(Reuters) – Former President Donald Trump had promised to weigh in on the Republican nomination for the Missouri Senate race, hotly contested between Eric Greitens, former state governor, and Eric Schmitt, the State Attorney General.
On Monday, the eve of the primary, Trump stunned political watchers by issuing a highly unusual statement simply endorsing “Eric,” suggesting he was hedging his bets between the two candidates.
“We need a person who will not back down to the Radical Left Lunatics who are destroying our Country,” Trump said in the statement. “I am therefore proud to announce that ERIC has my Complete and Total Endorsement!”
Asked for clarification on whom Trump was endorsing, spokesperson Taylor Budowich said the statement “speaks for itself.”
A Missouri Republican political operative told Reuters it was “clearly a dual endorsement.”

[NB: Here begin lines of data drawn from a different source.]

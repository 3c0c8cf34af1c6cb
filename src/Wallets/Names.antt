-- ===== src/Wallets/Names.antt =====
-- src/agent_wallet/mod.rs: two agents have two names, within one API key and across them.
use agent_execution_platform.Prelude.{
  append_assoc, ℕ, ◌<◌, ◌^◌, ◌≡◌, sym, ap, ◌∙◌, List, ◌++◌, length, take, drop, take-append_length,
  drop-append_length,
}
use agent_execution_platform.Prelude.Text.{Text, text}
use agent_execution_platform.Wallets.{namespaced}

module _ {A : Type 0} where
  -- Two lists with fronts of one length are the same where both parts are.
  same_parts :
      (xs ys ps qs : List A) → length xs ≡ length ys → xs ++ ps ≡ ys ++ qs → (xs ≡ ys) × (ps ≡ qs)
  same_parts xs ys ps qs len h = (
    sym (take-append_length xs ps)
        ∙ ap (take (length xs)) h
        ∙ ap (λ n. take n (ys ++ qs)) len
        ∙ take-append_length ys qs,
    sym (drop-append_length xs ps)
        ∙ ap (drop (length xs)) h
        ∙ ap (λ n. drop n (ys ++ qs)) len
        ∙ drop-append_length ys qs,
  )

-- `Uuid` is a number of 128 bits.
abbrev pub IsUuid : ℕ → Type 0
IsUuid u = u < 2 ^ 128

-- The name of an agent determines its API key and its agent id, whatever characters the id has, where
-- the texts of two `Uuid`s differ and all have one length.
pub namespaced_injective :
    (uuid_text : ℕ → Text) (uuid_length : ℕ)
    → ((u : ℕ) → IsUuid u → length (uuid_text u) ≡ uuid_length)
    → ((u v : ℕ) → IsUuid u → IsUuid v → uuid_text u ≡ uuid_text v → u ≡ v)
    → (key1 key2 : ℕ) → IsUuid key1
    → IsUuid key2
    → (agent1 agent2 : Text) → namespaced uuid_text key1 agent1 ≡ namespaced uuid_text key2 agent2
    → (key1 ≡ key2) × (agent1 ≡ agent2)
namespaced_injective uuid_text uuid_length fixed apart key1 key2 is1 is2 agent1 agent2 h =
    let (keys, rest) =
      same_parts (uuid_text key1) (uuid_text key2) (text "::" ++ agent1) (text "::" ++ agent2)
        (fixed key1 is1 ∙ sym (fixed key2 is2)) (sides key1 agent1 ∙ h ∙ sym (sides key2 agent2)) in
    (apart key1 key2 is1 is2 keys, ap (drop 2) rest)
  where
    sides :
        (key : ℕ) (agent : Text)
        → uuid_text key ++ (text "::" ++ agent) ≡ namespaced uuid_text key agent
    sides key agent = sym (append_assoc (uuid_text key) (text "::") agent)
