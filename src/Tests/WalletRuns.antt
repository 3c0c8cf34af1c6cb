-- ===== src/Tests/WalletRuns.antt =====
-- Runs of the registry of wallets, over a cipher that adds a tag, and a factory that answers one
-- address.
use agent_execution_platform.Prelude.{
  ℕ, ◌+◌, ◌-◌, ◌*◌, ◌≡◌, refl, ap, sym, ◌∙◌, some, List, [], ◌∷◌, ◌++◌, length, replicate, take,
  length-append, take-append_length, arith,
}
use mathlib.Core.Option.{some-injective}
use agent_execution_platform.Prelude.Text.{Text, text}
use agent_execution_platform.Prelude.Results.{Result, ok, err}
use agent_execution_platform.Prelude.Actions.{pure, raise}
use agent_execution_platform.Crates.{Provider}
use agent_execution_platform.Tests.Fixtures.{instant}
use agent_execution_platform.Tests.CrateFixtures.{
  hex, u256, eth, encode, decode, big_endian, big_endian-len, big_endian-bytes, bytes_value,
  bytes_value-big_endian,
}
use agent_execution_platform.Tests.HexDigits.{decode-encode}
use agent_execution_platform.Wallets.{AgentWalletRow, AgentWallet, wallet_apply}
use agent_execution_platform.Wallets.Ciphers.{
  Cipher, is_utf8, encrypt_key_hex, decrypt_key_hex, decrypt_key_hex-encrypt_key_hex,
}
use agent_execution_platform.Wallets.Registry.{
  wrong_key_length, WalletError, AgentWalletRegistry, Draws, Store, load_wallet, execute,
  provision_wallet, fresh_row, compute_smart_wallet_address_with, store_row, get_or_create,
}
use agent_execution_platform.Wallets.Canonical.{get_or_create_stable}
use agent_execution_platform.Wallets.Keys.{new, decrypt_and_sign, decrypt_and_sign-fresh_row}
use agent_execution_platform.Wallets.Names.{IsUuid, namespaced_injective}

abbrev tag : List ℕ
tag = replicate 16 0

cut_tag : (plain : List ℕ) → take (length (plain ++ tag) - 16) (plain ++ tag) ≡ plain
cut_tag plain =
    ap (λ n. take n (plain ++ tag)) (omega (arith, length-append plain tag))
    ∙ take-append_length plain tag

abbrev tagging : Cipher
tagging = record {
  encrypt = λ key nonce plain. some (plain ++ tag);
  decrypt = λ key nonce c. some (take (length c - 16) c);
  base64_encode = λ b. b;
  base64_decode = λ s. some s;
  decrypt_encrypt =
      λ key nonce plain c h. rw (← some-injective (plain ++ tag) c h) (ap some (cut_tag plain));
  tagged = λ key nonce plain c h.
      rw (← some-injective (plain ++ tag) c h) (omega (arith, length-append plain tag));
  decode_encode = λ b. refl;
}

abbrev master_key : List ℕ
master_key = replicate 32 7

abbrev nonce : List ℕ
nonce = replicate 12 5

decrypt_key_hex-encrypt_key_hex_example :
    decrypt_key_hex tagging master_key (nonce ++ text "0f1e" ++ tag) ≡ ok (text "0f1e")
unfolding encrypt_key_hex is_utf8
decrypt_key_hex-encrypt_key_hex_example =
    decrypt_key_hex-encrypt_key_hex tagging master_key nonce (text "0f1e")
      (nonce ++ text "0f1e" ++ tag) refl refl refl

encode_len : (b : List ℕ) → length (encode b) ≡ 2 * length b
unfolding encode
encode_len [] = refl
encode_len (b ∷ bs) = omega (arith, encode_len bs)

abbrev uuid_text : ℕ → Text
uuid_text u = encode (big_endian 16 u)

uuid_text-length : (u : ℕ) → IsUuid u → length (uuid_text u) ≡ 32
uuid_text-length u h = omega (arith, encode_len (big_endian 16 u), big_endian-len 16 u)

uuid_text_apart : (u v : ℕ) → IsUuid u → IsUuid v → uuid_text u ≡ uuid_text v → u ≡ v
uuid_text_apart u v hu hv e =
    sym (bytes_value-big_endian 16 u hu) ∙ ap (bytes_value 0) same ∙ bytes_value-big_endian 16 v hv
  where
    same : big_endian 16 u ≡ big_endian 16 v
    same = some-injective (big_endian 16 u) (big_endian 16 v) (
        sym (decode-encode (big_endian 16 u) (big_endian-bytes 16 u))
        ∙ ap decode e
        ∙ decode-encode (big_endian 16 v) (big_endian-bytes 16 v))

namespaced_injective_example : (◌≡◌ {A = ℕ} 7 7) × (text "a::b" ≡ text "a::b")
namespaced_injective_example =
    namespaced_injective uuid_text 32 uuid_text-length uuid_text_apart 7 7 (omega arith)
      (omega arith) (text "a::b") (text "a::b") refl

abbrev factory : Provider ℕ
factory = record {
  call = λ tx. pure (replicate 31 0 ++ (9 ∷ []));
  estimate_gas = λ tx. raise (text "not asked");
  get_code = λ a. raise (text "not asked");
  get_chainid = raise (text "not asked");
  latest_base_fee = raise (text "not asked");
}

abbrev one_key : List ℕ
one_key = replicate 31 0 ++ (3 ∷ [])

-- One key, and nonces and ids that count.
abbrev counting : Draws ℕ
counting = record {
  new_key = λ n. (one_key, n + 1);
  new_nonce = λ n. (replicate 11 0 ++ (n ∷ []), n + 1);
  new_uuid = λ n. (n, n + 1);
}

abbrev registry : AgentWalletRegistry (List AgentWalletRow) ℕ
registry = record {
  db_pool = instant wallet_apply;
  encryption_key = master_key;
  factory_address = replicate 20 1;
  provider = factory;
  hex = hex;
  u256 = u256;
  eth = eth;
  cipher = tagging;
  draws = counting;
  uuid_text = uuid_text;
  address_of_key = λ key. take 20 key;
  parse_key = decode;
  sign_hash = λ key hash. some (key ++ hash);
}

abbrev empty : Store (List AgentWalletRow) ℕ
empty = record { db = []; net = 3 }

-- What a request is answered, and the store after it.
abbrev asked :
    Store (List AgentWalletRow) ℕ → Result WalletError AgentWallet × Store (List AgentWalletRow) ℕ
asked w = get_or_create registry 7 (text "a") w

abbrev wallet : AgentWallet
wallet = record {
  id = 5;
  api_key_id = 7;
  agent_id = text "a";
  namespaced_id = uuid_text 7 ++ text "::a";
  eoa_address = replicate 20 0;
  smart_wallet_address = replicate 19 0 ++ (9 ∷ []);
  signing_key_encrypted = replicate 11 0 ++ (4 ∷ []) ++ encode (replicate 31 0 ++ (3 ∷ [])) ++ tag;
}

provisioned : (asked empty).0 ≡ ok wallet
unfolding get_or_create load_wallet execute provision_wallet fresh_row
    compute_smart_wallet_address_with encrypt_key_hex store_row encode big_endian decode
provisioned = refl

-- The second request draws no key.
found_again : (asked (asked empty).1).0 ≡ ok wallet
unfolding get_or_create load_wallet execute provision_wallet fresh_row
    compute_smart_wallet_address_with encrypt_key_hex store_row encode big_endian decode
found_again = refl

get_or_create_stable_example : wallet ≡ wallet
get_or_create_stable_example =
    get_or_create_stable registry 7 (text "a") empty (asked empty).1 wallet wallet provisioned
      (λ name r h. h) found_again

-- The answer to a request for a row under a name.
abbrev fresh_answer :
    Result WalletError (AgentWalletRow × AgentWallet) × Store (List AgentWalletRow) ℕ
fresh_answer = fresh_row registry 7 (text "a") (uuid_text 7 ++ text "::a") empty

abbrev stored_row : AgentWalletRow
stored_row = record {
  id = 5;
  api_key_id = 7;
  agent_id = text "a";
  namespaced_id = uuid_text 7 ++ text "::a";
  signing_key_encrypted = wallet.signing_key_encrypted;
  eoa_address = text "0x" ++ encode wallet.eoa_address;
  smart_wallet_address = text "0x" ++ encode wallet.smart_wallet_address;
}

drawn : fresh_answer.0 ≡ ok (stored_row, wallet)
unfolding fresh_row compute_smart_wallet_address_with encrypt_key_hex
drawn = refl

decrypt_and_sign-fresh_row_example :
    (key : List ℕ) × (wallet.eoa_address ≡ take 20 key)
    × (stored_row.signing_key_encrypted ≡ wallet.signing_key_encrypted)
    × ((hash : List ℕ) → decrypt_and_sign registry wallet hash ≡ ok (key ++ hash))
unfolding is_utf8 encode decode
decrypt_and_sign-fresh_row_example =
    decrypt_and_sign-fresh_row registry (λ n. refl) (λ n. refl) (λ n. refl) 7 (text "a")
      (uuid_text 7 ++ text "::a") empty stored_row wallet drawn

-- A key of another length than 32 bytes is refused.
new_short : new registry (text "0f1e") ≡ err wrong_key_length
unfolding new decode
new_short = refl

Both Greitens and Schmitt, however, claimed Trump’s endorsement in Tweets sent just minutes apart.
“I’m honored to receive President Trump’s endorsement,” Greitens said first, adding criticism of his rival: “President Trump said it best when he characterized Schmitt’s campaign as ‘great dishonesty in politics.'”
Some 11 minutes later, Schmitt posted that he was “grateful” for Trump’s endorsement. “I’ll take that fight to the Senate to SAVE AMERICA!” he added, parroting Trump’s slogan.
Trump, who has become a kingmaker in the Republican Party during primaries for the November midterm elections, has endorsed some 200 candidates in 2022, with mixed results in states including Ohio, Pennsylvania and North Carolina.
But Trump, who is weighing another White House run in 2024, regularly frames his endorsements as hugely successful, raising the question of whether he was trying to protect his record through the dual endorsement.
“Trump’s really worried about taking a loss on this one,” the Republican Accountability Project, a conservative anti-Trump group, said on Twitter.
To be sure, there is one candidate Trump definitely did not endorse: Representative Vicky Hartzler, who is also running for the Republican nomination for Senate in Tuesday’s primary.